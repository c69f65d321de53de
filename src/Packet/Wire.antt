-- ===== src/Packet/Wire.antt =====
-- The headers as the standards print them, written without the parsers: what the parsers have to
-- read back. Multi-byte fields are in network order.
use timing_proxy.Base.{ℕ, ◌+◌, ◌*◌, ◌/◌, ◌%◌, ◌<◌, ◌≡◌, List, [], ◌∷◌, ◌++◌, length}

-- RFC 793.
pub record TcpHeader : Type 0 where
  pub sport : ℕ
  pub dport : ℕ
  pub seq : ℕ
  pub ack : ℕ
  pub offset : ℕ
  pub reserved : ℕ
  pub flags : ℕ
  pub window : ℕ
  pub checksum : ℕ
  pub urgent : ℕ
  pub options : List ℕ

-- Every field fits its bits, and the offset counts the header's 32-bit words.
pub record IsTcpHeader (h : TcpHeader) : Type 0 where
  pub sport : h.sport < 65536
  pub dport : h.dport < 65536
  pub seq : h.seq < 4294967296
  pub ack : h.ack < 4294967296
  pub offset : h.offset < 16
  pub reserved : h.reserved < 16
  pub words : 20 + length h.options ≡ h.offset * 4

abbrev pub print_tcp : TcpHeader → List ℕ
print_tcp h =
    (h.sport / 256)
    ∷ (h.sport % 256)
    ∷ (h.dport / 256)
    ∷ (h.dport % 256)
    ∷ (h.seq / 65536 / 256)
    ∷ (h.seq / 65536 % 256)
    ∷ (h.seq % 65536 / 256)
    ∷ (h.seq % 65536 % 256)
    ∷ (h.ack / 65536 / 256)
    ∷ (h.ack / 65536 % 256)
    ∷ (h.ack % 65536 / 256)
    ∷ (h.ack % 65536 % 256)
    ∷ (h.offset * 16 + h.reserved)
    ∷ h.flags
    ∷ (h.window / 256)
    ∷ (h.window % 256)
    ∷ (h.checksum / 256)
    ∷ (h.checksum % 256)
    ∷ (h.urgent / 256)
    ∷ (h.urgent % 256)
    ∷ h.options

-- RFC 768.
pub record UdpHeader : Type 0 where
  pub sport : ℕ
  pub dport : ℕ
  pub length : ℕ
  pub checksum : ℕ

pub record IsUdpHeader (h : UdpHeader) : Type 0 where
  pub sport : h.sport < 65536
  pub dport : h.dport < 65536
  pub length : h.length < 65536
  pub checksum : h.checksum < 65536

abbrev pub print_udp : UdpHeader → List ℕ
print_udp h =
    (h.sport / 256)
    ∷ (h.sport % 256)
    ∷ (h.dport / 256)
    ∷ (h.dport % 256)
    ∷ (h.length / 256)
    ∷ (h.length % 256)
    ∷ (h.checksum / 256)
    ∷ (h.checksum % 256)
    ∷ []

-- An IPv4 address.
pub record Address4 : Type 0 where
  pub a : ℕ
  pub b : ℕ
  pub c : ℕ
  pub d : ℕ

abbrev pub print_address4 : Address4 → List ℕ
print_address4 x = x.a ∷ x.b ∷ x.c ∷ x.d ∷ []

-- RFC 791. `ihl` counts the header's 32-bit words.
pub record Ipv4Header : Type 0 where
  pub ihl : ℕ
  pub tos : ℕ
  pub total_length : ℕ
  pub identification : ℕ
  pub fragment : ℕ
  pub ttl : ℕ
  pub protocol : ℕ
  pub checksum : ℕ
  pub src : Address4
  pub dst : Address4
  pub options : List ℕ

pub record IsIpv4Header (h : Ipv4Header) : Type 0 where
  pub ihl : h.ihl < 16
  pub total_length : h.total_length < 65536
  pub words : 20 + length h.options ≡ h.ihl * 4

abbrev pub print_ipv4 : Ipv4Header → List ℕ
print_ipv4 h =
    (4 * 16 + h.ihl)
    ∷ h.tos
    ∷ (h.total_length / 256)
    ∷ (h.total_length % 256)
    ∷ (h.identification / 256)
    ∷ (h.identification % 256)
    ∷ (h.fragment / 256)
    ∷ (h.fragment % 256)
    ∷ h.ttl
    ∷ h.protocol
    ∷ (h.checksum / 256)
    ∷ (h.checksum % 256)
    ∷ h.src.a
    ∷ h.src.b
    ∷ h.src.c
    ∷ h.src.d
    ∷ h.dst.a
    ∷ h.dst.b
    ∷ h.dst.c
    ∷ h.dst.d
    ∷ h.options

-- RFC 8200. The flow label has 20 bits, the traffic class 8.
pub record Ipv6Header : Type 0 where
  pub traffic_class : ℕ
  pub flow_label : ℕ
  pub payload_length : ℕ
  pub next_header : ℕ
  pub hop_limit : ℕ
  pub src : List ℕ
  pub dst : List ℕ

pub record IsIpv6Header (h : Ipv6Header) : Type 0 where
  pub traffic_class : h.traffic_class < 256
  pub payload_length : h.payload_length < 65536
  pub src : length h.src ≡ 16
  pub dst : length h.dst ≡ 16

abbrev pub print_ipv6 : Ipv6Header → List ℕ
print_ipv6 h =
    (6 * 16 + h.traffic_class / 16)
      ∷ (h.traffic_class % 16 * 16 + h.flow_label / 65536)
      ∷ (h.flow_label / 256 % 256)
      ∷ (h.flow_label % 256)
      ∷ (h.payload_length / 256)
      ∷ (h.payload_length % 256)
      ∷ h.next_header
      ∷ h.hop_limit
      ∷ h.src
    ++ h.dst

-- An extension header: its own type, and its length in 8-byte units beyond the first.
pub record ExtHeader : Type 0 where
  pub type : ℕ
  pub units : ℕ
  pub body : List ℕ

abbrev pub first_type : List ExtHeader → ℕ → ℕ
first_type [] upper = upper
first_type (e ∷ es) upper = e.type

-- The chain in front of an upper-layer header of type `upper`.
abbrev pub print_chain : List ExtHeader → ℕ → List ℕ
print_chain [] upper = []
print_chain (e ∷ es) upper = first_type es upper ∷ e.units ∷ e.body ++ print_chain es upper

-- IEEE 802.3.
pub record EthernetHeader : Type 0 where
  pub dhost : List ℕ
  pub shost : List ℕ
  pub type : ℕ

pub record IsEthernetHeader (h : EthernetHeader) : Type 0 where
  pub dhost : length h.dhost ≡ 6
  pub shost : length h.shost ≡ 6
  pub type : h.type < 65536

abbrev pub print_ethernet : EthernetHeader → List ℕ
print_ethernet h = h.dhost ++ h.shost ++ (h.type / 256) ∷ (h.type % 256) ∷ []
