-- ===== src/Packet/Tcp.antt =====
-- PacketParser/Tcp: the TCP header.
pub mod Bounds
pub mod Wire
use timing_proxy.Base.{
  ℕ, ◌*◌, ◌/◌, ◌%◌, not, Outcome, ok, invalid_argument, ◌>>=◌, ◌>>◌, throw_if, terminate_if, ltb,
}
use timing_proxy.Packet.Memory.{
  Memory, Pointer, advance, sub_size, load8, load16, load32, ntohs, ntohl,
}
use timing_proxy.Packet.Types.{
  Layer, tcp, same_layer, PacketParser, new_packet_parser, get_payload, get_payload_size, Artefacts,
  Decoded,
}

abbrev pub min_header_length : ℕ
min_header_length = 20

pub record TcpParser : Type 0 where
  pub base : PacketParser
  pub sport : ℕ
  pub dport : ℕ
  pub seq : ℕ
  pub ack : ℕ
  pub header_length : ℕ

abbrev pub new_tcp_parser : TcpParser
new_tcp_parser = record {
  base = new_packet_parser;
  sport = 0;
  dport = 0;
  seq = 0;
  ack = 0;
  header_length = 0;
}

-- The offsets are those of the fields of `struct tcp_header`.
unfoldable pub parse_header : Memory → TcpParser → Pointer → ℕ → Outcome TcpParser
parse_header m this packet size = do
  throw_if (ltb size min_header_length) (invalid_argument "TCP header must be at least 20 bytes")
  th_sport ← load16 m packet 0
  th_dport ← load16 m packet 2
  th_seq ← load32 m packet 4
  th_ack ← load32 m packet 8
  th_offx2 ← load8 m packet 12
  let header_length = th_offx2 / 16 % 16 * 4
  ok (record {
    base = record {
      packet = packet;
      payload = advance packet header_length;
      packet_size = size;
      payload_size = sub_size size header_length;
    };
    sport = ntohs th_sport;
    dport = ntohs th_dport;
    seq = ntohl th_seq;
    ack = ntohl th_ack;
    header_length = header_length;
  })

unfoldable pub get_src_port : TcpParser → ℕ
get_src_port this = this.sport

unfoldable pub get_dst_port : TcpParser → ℕ
get_dst_port this = this.dport

unfoldable pub decode_until : Layer → Memory → Pointer → ℕ → Artefacts → Outcome Decoded
unfolding get_payload get_payload_size get_src_port get_dst_port
decode_until layer m packet size artefacts = do
  terminate_if (not (same_layer layer tcp))
  parser ← parse_header m new_tcp_parser packet size
  ok (record {
    payload = get_payload parser.base;
    payload_size = get_payload_size parser.base;
    artefacts = record artefacts {
      payload_type = tcp;
      src_port = get_src_port parser;
      dst_port = get_dst_port parser;
    };
  })
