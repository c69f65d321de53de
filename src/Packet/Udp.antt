-- ===== src/Packet/Udp.antt =====
-- PacketParser/Udp: the UDP header.
pub mod Bounds
pub mod Wire
use timing_proxy.Base.{
  ℕ, not, Outcome, ok, invalid_argument, ◌>>=◌, ◌>>◌, throw_if, terminate_if, ltb,
}
use timing_proxy.Packet.Memory.{Memory, Pointer, advance, sub_size, load16, ntohs}
use timing_proxy.Packet.Types.{
  Layer, udp, same_layer, PacketParser, new_packet_parser, get_payload, get_payload_size, Artefacts,
  Decoded,
}

abbrev pub header_len : ℕ
header_len = 8

pub record UdpParser : Type 0 where
  pub base : PacketParser
  pub sport : ℕ
  pub dport : ℕ
  pub checksum : ℕ
  pub header_length : ℕ

abbrev pub new_udp_parser : UdpParser
new_udp_parser = record {
  base = new_packet_parser;
  sport = 0;
  dport = 0;
  checksum = 0;
  header_length = 0;
}

-- The member `header_length` keeps its value: the source never assigns it.
unfoldable pub parse_header : Memory → UdpParser → Pointer → ℕ → Outcome UdpParser
parse_header m this packet size = do
  throw_if (ltb size header_len) (invalid_argument "UDP header must be at least 8 bytes")
  uh_sport ← load16 m packet 0
  uh_dport ← load16 m packet 2
  uh_sum ← load16 m packet 6
  uh_len ← load16 m packet 4
  throw_if (ltb size (ntohs uh_len))
      (invalid_argument "UDP size field cannot contain bigger size than packet itself")
  ok (record this {
    base = record {
      packet = packet;
      payload = advance packet header_len;
      packet_size = size;
      payload_size = sub_size size header_len;
    };
    sport = ntohs uh_sport;
    dport = ntohs uh_dport;
    checksum = ntohs uh_sum;
  })

unfoldable pub get_src_port : UdpParser → ℕ
get_src_port this = this.sport

unfoldable pub get_dst_port : UdpParser → ℕ
get_dst_port this = this.dport

unfoldable pub decode_until : Layer → Memory → Pointer → ℕ → Artefacts → Outcome Decoded
unfolding get_payload get_payload_size get_src_port get_dst_port
decode_until layer m packet size artefacts = do
  terminate_if (not (same_layer layer udp))
  parser ← parse_header m new_udp_parser packet size
  ok (record {
    payload = get_payload parser.base;
    payload_size = get_payload_size parser.base;
    artefacts = record artefacts {
      payload_type = udp;
      src_port = get_src_port parser;
      dst_port = get_dst_port parser;
    };
  })
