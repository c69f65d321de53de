-- ===== src/Packet/Ipv6.antt =====
-- PacketParser/Ipv6: the IPv6 header and the chain of its extension headers.
pub mod Bounds
pub mod Extensions
pub mod Wire
use timing_proxy.Base.{
  ℕ, zero, suc, ◌+◌, ◌-◌, ◌*◌, ◌/◌, ◌%◌, Bool, true, false, not, ◌||◌, none, List, [], ◌∷◌, Outcome,
  ok, throws, terminate, out_of_fuel, invalid_argument, out_of_range, ◌>>=◌, ◌>>◌, throw_if,
  terminate_if, or_throw, ltb, ◌==◌, if◌then◌else◌,
}
use timing_proxy.Packet.Memory.{Memory, Pointer, advance, load8, load16, load32, load_bytes, ntohs}
use timing_proxy.Packet.Types.{
  Layer, ipv6, same_layer, PacketParser, new_packet_parser, get_payload, get_payload_size,
  Artefacts, Decoded, strncpy, Inet,
}
use timing_proxy.Packet.Tcp
use timing_proxy.Packet.Udp

abbrev pub main_header_size : ℕ
main_header_size = 40

abbrev pub inet6_addrstrlen : ℕ
inet6_addrstrlen = 46

-- `enum NextHeaderType`: a cast keeps any value of the header's byte.
abbrev pub hopopt : ℕ
hopopt = 0x00

abbrev pub next_tcp : ℕ
next_tcp = 0x06

abbrev pub next_udp : ℕ
next_udp = 0x11

abbrev pub ipv6_route : ℕ
ipv6_route = 0x2b

abbrev pub ipv6_frag : ℕ
ipv6_frag = 0x2c

abbrev pub esp : ℕ
esp = 0x32

abbrev pub ah : ℕ
ah = 0x33

abbrev pub ipv6_nonxt : ℕ
ipv6_nonxt = 0x3b

abbrev pub ipv6_opts : ℕ
ipv6_opts = 0x3c

abbrev pub mobility : ℕ
mobility = 0x87

abbrev pub hip : ℕ
hip = 0x8b

abbrev pub shim6 : ℕ
shim6 = 0x8c

abbrev pub tst1 : ℕ
tst1 = 0xfd

abbrev pub tst2 : ℕ
tst2 = 0xfe

pub data NextHeaderKind : Type 0 where
  not_implemented payload_header extension_header no_next : NextHeaderKind

abbrev pub header_type_map : List (ℕ × NextHeaderKind)
header_type_map =
    (hopopt, extension_header)
    ∷ (next_tcp, payload_header)
    ∷ (next_udp, payload_header)
    ∷ (ipv6_route, extension_header)
    ∷ (ipv6_frag, extension_header)
    ∷ (esp, extension_header)
    ∷ (ah, extension_header)
    ∷ (ipv6_nonxt, no_next)
    ∷ (ipv6_opts, extension_header)
    ∷ (mobility, extension_header)
    ∷ (hip, extension_header)
    ∷ (shim6, extension_header)
    ∷ (tst1, extension_header)
    ∷ (tst2, extension_header)
    ∷ []

-- `std::map::at`
abbrev pub map_at : List (ℕ × NextHeaderKind) → ℕ → Outcome NextHeaderKind
map_at [] k = throws (out_of_range "map::at")
map_at ((j, v) ∷ m) k = if j == k then ok v else map_at m k

abbrev is_extension : NextHeaderKind → Bool
is_extension extension_header = true
is_extension _ = false

unfoldable pub is_extension_header : ℕ → Outcome Bool
is_extension_header next_hdr = do kind ← map_at header_type_map next_hdr; ok (is_extension kind)

pub record Ipv6Parser : Type 0 where
  pub base : PacketParser
  pub hop_limit : ℕ
  pub next_hdr : ℕ
  pub addr_src : List ℕ
  pub addr_dst : List ℕ

-- The members with no initialiser are given again before they are read.
abbrev pub new_ipv6_parser : Ipv6Parser
new_ipv6_parser = record {
  base = new_packet_parser;
  hop_limit = 0;
  next_hdr = 0;
  addr_src = [];
  addr_dst = [];
}

-- Where the loop over the extension headers stands.
pub record Chain : Type 0 where
  pub next_hdr : ℕ
  pub current_header : Pointer
  pub payload_size : ℕ

-- The body of the `while`.
unfoldable pub skip_header : Memory → Chain → Outcome Chain
skip_header m c = do
  terminate_if (ltb c.payload_size 64)
  next_hdr ← load8 m c.current_header 0
  hdr_len ← load8 m c.current_header 1
  let offset_to_next_header = hdr_len * 8 + 8
  terminate_if (ltb c.payload_size offset_to_next_header)
  ok (record {
    next_hdr = next_hdr;
    current_header = advance c.current_header offset_to_next_header;
    payload_size = c.payload_size - offset_to_next_header;
  })

unfoldable pub extension_headers : ℕ → Memory → Chain → Outcome Chain
extension_headers zero m c = out_of_fuel
extension_headers (suc fuel) m c = do
  more ← is_extension_header c.next_hdr
  elim more [ true ↦ skip_header m c >>= λ c'. extension_headers fuel m c' | false ↦ ok c ]

module _ (inet : Inet) where
  -- The offsets are those of the fields of `struct ipv6_header`. Each round of the loop takes at
  -- least 8 bytes off the payload, so its size is fuel enough.
  unfoldable pub parse_header : Memory → Ipv6Parser → Pointer → ℕ → Outcome Ipv6Parser
  parse_header m this packet size = do
    throw_if (ltb size main_header_size) (invalid_argument "Ipv6 header must be at least 40 bytes")
    ver_trafcl_flow ← load32 m packet 0
    terminate_if (not (ver_trafcl_flow % 256 / 16 == 6))
    payload_len ← load16 m packet 4
    let given_size = ntohs payload_len
    throw_if (ltb size 40 || ltb (size - 40) given_size)
        (invalid_argument "payload size cannot be bigger than payload itself")
    hop_limit ← load8 m packet 7
    src ← load_bytes m packet 8 16
    addr_src ← or_throw (inet.ntop6 src) (invalid_argument "Packet has invalid ipv6 source address")
    dst ← load_bytes m packet 24 16
    addr_dst ←
        or_throw (inet.ntop6 dst) (invalid_argument "Packet has invalid ipv6 destination address")
    next_hdr ← load8 m packet 6
    c ← extension_headers (suc given_size) m (record {
      next_hdr = next_hdr;
      current_header = advance packet main_header_size;
      payload_size = given_size;
    })
    let no_payload = c.next_hdr == ipv6_nonxt
    ok (record {
      base = record {
        packet = packet;
        payload = if no_payload then none else c.current_header;
        packet_size = size;
        payload_size = if no_payload then 0 else c.payload_size;
      };
      hop_limit = hop_limit;
      next_hdr = c.next_hdr;
      addr_src = addr_src;
      addr_dst = addr_dst;
    })

  unfoldable pub decode_until : Layer → Memory → Pointer → ℕ → Artefacts → Outcome Decoded
  unfolding get_payload get_payload_size
  decode_until layer m packet size artefacts = do
    parser ← parse_header m new_ipv6_parser packet size
    let payload = get_payload parser.base
    let payload_size = get_payload_size parser.base
    let artefacts' = record artefacts {
      ip_type = ipv6;
      src_ip = strncpy inet6_addrstrlen parser.addr_src;
      dst_ip = strncpy inet6_addrstrlen parser.addr_dst;
    }
    if same_layer layer ipv6
        then ok (record { payload = payload; payload_size = payload_size; artefacts = artefacts' })
        else if parser.next_hdr == next_tcp
        then Tcp.decode_until layer m payload payload_size artefacts'
        else if parser.next_hdr == next_udp
        then Udp.decode_until layer m payload payload_size artefacts'
        else terminate
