-- ===== src/Packet/Memory/Holds.antt =====
-- A run of bytes that stands in memory, and the words that loads find in it.
use timing_proxy.Base.{
  ℕ, zero, suc, ◌+◌, ◌*◌, ◌/◌, ◌%◌, ◌<◌, ◌≡◌, refl, List, [], ◌∷◌, ◌++◌, some, get_elem?, length,
  ok, or_fault, arith, ap, sym, ◌∙◌, subst,
}
use timing_proxy.Packet.Memory.{Memory, load8, load16, load32, load_bytes, ntohs, ntohl}

-- The bytes `xs` stand at the address `q`.
abbrev pub Holds : Memory → ℕ → List ℕ → Type 0
Holds m q xs = (i b : ℕ) → get_elem? xs i ≡ some b → get_elem? m (q + i) ≡ some b

get_elem?-append_left :
    (xs ys : List ℕ) (i b : ℕ) → get_elem? xs i ≡ some b → get_elem? (xs ++ ys) i ≡ some b
get_elem?-append_left [] ys i b h = cc
get_elem?-append_left (x ∷ xs) ys zero b h = h
get_elem?-append_left (x ∷ xs) ys (suc i) b h = get_elem?-append_left xs ys i b h

pub get_elem?-append_right :
    (xs ys : List ℕ) (i : ℕ) → get_elem? (xs ++ ys) (length xs + i) ≡ get_elem? ys i
get_elem?-append_right [] ys i = let e : 0 + i ≡ i = omega arith in ap (get_elem? ys) e
get_elem?-append_right (x ∷ xs) ys i =
    let e : suc (length xs) + i ≡ suc (length xs + i) = omega arith in
    ap (get_elem? (x ∷ (xs ++ ys))) e ∙ get_elem?-append_right xs ys i

pub Holds-left : (m : Memory) (q : ℕ) (xs ys : List ℕ) → Holds m q (xs ++ ys) → Holds m q xs
Holds-left m q xs ys h i b e = h i b (get_elem?-append_left xs ys i b e)

pub Holds-right :
    (m : Memory) (q : ℕ) (xs ys : List ℕ) → Holds m q (xs ++ ys) → Holds m (q + length xs) ys
Holds-right m q xs ys h i b e =
    let e' : q + length xs + i ≡ q + (length xs + i) = omega arith in
    ap (get_elem? m) e' ∙ h (length xs + i) b (get_elem?-append_right xs ys i ∙ e)

pub Holds-self : (xs : List ℕ) → Holds xs 0 xs
Holds-self xs i b e = let e' : 0 + i ≡ i = omega arith in ap (get_elem? xs) e' ∙ e

-- A 16-bit number as the machine loads it from its two bytes in network order.
abbrev pub swapped : ℕ → ℕ
swapped v = v / 256 + 256 * (v % 256)

abbrev pub swapped32 : ℕ → ℕ
swapped32 v = swapped (v / 65536) + 65536 * swapped (v % 65536)

pub ntohs-swapped : (v : ℕ) → v < 65536 → ntohs (swapped v) ≡ v
unfolding ntohs
ntohs-swapped v h = omega arith

pub ntohl-swapped : (v : ℕ) → v < 4294967296 → ntohl (swapped32 v) ≡ v
unfolding ntohl
ntohl-swapped v h = omega arith

module _ (m : Memory) (q : ℕ) (xs : List ℕ) (h : Holds m q xs) where
  pub load8-Holds : (i b : ℕ) → get_elem? xs i ≡ some b → load8 m (some q) i ≡ ok b
  load8-Holds i b e = ap or_fault (h i b e)

  load16-pair :
      (i b c : ℕ)
      → get_elem? xs i ≡ some b
      → get_elem? xs (i + 1) ≡ some c
      → load16 m (some q) i ≡ ok (b + 256 * c)
  unfolding load16
  load16-pair i b c e f = rw (load8-Holds i b e, load8-Holds (i + 1) c f)

  pub load16-Holds :
      (i v : ℕ)
      → get_elem? xs i ≡ some (v / 256)
      → get_elem? xs (i + 1) ≡ some (v % 256)
      → load16 m (some q) i ≡ ok (swapped v)
  load16-Holds i v = load16-pair i (v / 256) (v % 256)

  pub load32-Holds :
      (i v : ℕ)
      → get_elem? xs i ≡ some (v / 65536 / 256)
      → get_elem? xs (i + 1) ≡ some (v / 65536 % 256)
      → get_elem? xs (i + 2) ≡ some (v % 65536 / 256)
      → get_elem? xs (i + 2 + 1) ≡ some (v % 65536 % 256)
      → load32 m (some q) i ≡ ok (swapped32 v)
  unfolding load32
  load32-Holds i v e0 e1 e2 e3 =
      rw (load16-Holds i (v / 65536) e0 e1, load16-Holds (i + 2) (v % 65536) e2 e3)

  pub load32-bytes :
      (i b c d e : ℕ)
      → get_elem? xs i ≡ some b
      → get_elem? xs (i + 1) ≡ some c
      → get_elem? xs (i + 2) ≡ some d
      → get_elem? xs (i + 2 + 1) ≡ some e
      → load32 m (some q) i ≡ ok (b + 256 * c + 65536 * (d + 256 * e))
  unfolding load32
  load32-bytes i b c d e e0 e1 e2 e3 = rw (load16-pair i b c e0 e1, load16-pair (i + 2) d e e2 e3)

-- A whole field.
pub load_bytes-Holds :
    (m : Memory) (q i : ℕ) (bs : List ℕ)
    → Holds m (q + i) bs
    → load_bytes m (some q) i (length bs) ≡ ok bs
unfolding load_bytes
load_bytes-Holds m q i [] h = refl
load_bytes-Holds m q i (b ∷ bs) h =
    let e : q + i + 0 ≡ q + i = omega arith in
    let e' : q + i + 1 ≡ q + (i + 1) = omega arith in
    let first : get_elem? m (q + i) ≡ some b = ap (get_elem? m) (sym e) ∙ h 0 b refl in
    rw (
      first,
      load_bytes-Holds m q (i + 1) bs
          (subst (λ (n : ℕ). Holds m n bs) e' (Holds-right m (q + i) (b ∷ []) bs h)),
    )

-- An offset from the first byte is an address.
pub load16-from_zero : (m : Memory) (i : ℕ) → load16 m (some 0) i ≡ load16 m (some i) 0
unfolding load16
load16-from_zero m i =
    let e : 0 + i ≡ i + 0 = omega arith in
    let e' : 0 + (i + 1) ≡ i + (0 + 1) = omega arith in rw (e, e')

⁂

### [Problem]
Taking the entries above, write out exactly the lines starting with the line containing "payload = if" and going on through the line containing "then ok (record", both included, and nothing else.

### [Worked solution]
        payload = if no_payload then none else c.current_header;
        packet_size = size;
        payload_size = if no_payload then 0 else c.payload_size;
      };
      hop_limit = hop_limit;
      next_hdr = c.next_hdr;
      addr_src = addr_src;
      addr_dst = addr_dst;
    })

  unfoldable pub decode_until : Layer → Memory → Pointer → ℕ → Artefacts → Outcome Decoded
  unfolding get_payload get_payload_size
  decode_until layer m packet size artefacts = do
    parser ← parse_header m new_ipv6_parser packet size
    let payload = get_payload parser.base
    let payload_size = get_payload_size parser.base
    let artefacts' = record artefacts {
      ip_type = ipv6;
      src_ip = strncpy inet6_addrstrlen parser.addr_src;
      dst_ip = strncpy inet6_addrstrlen parser.addr_dst;
    }
    if same_layer layer ipv6
        then ok (record { payload = payload; payload_size = payload_size; artefacts = artefacts' })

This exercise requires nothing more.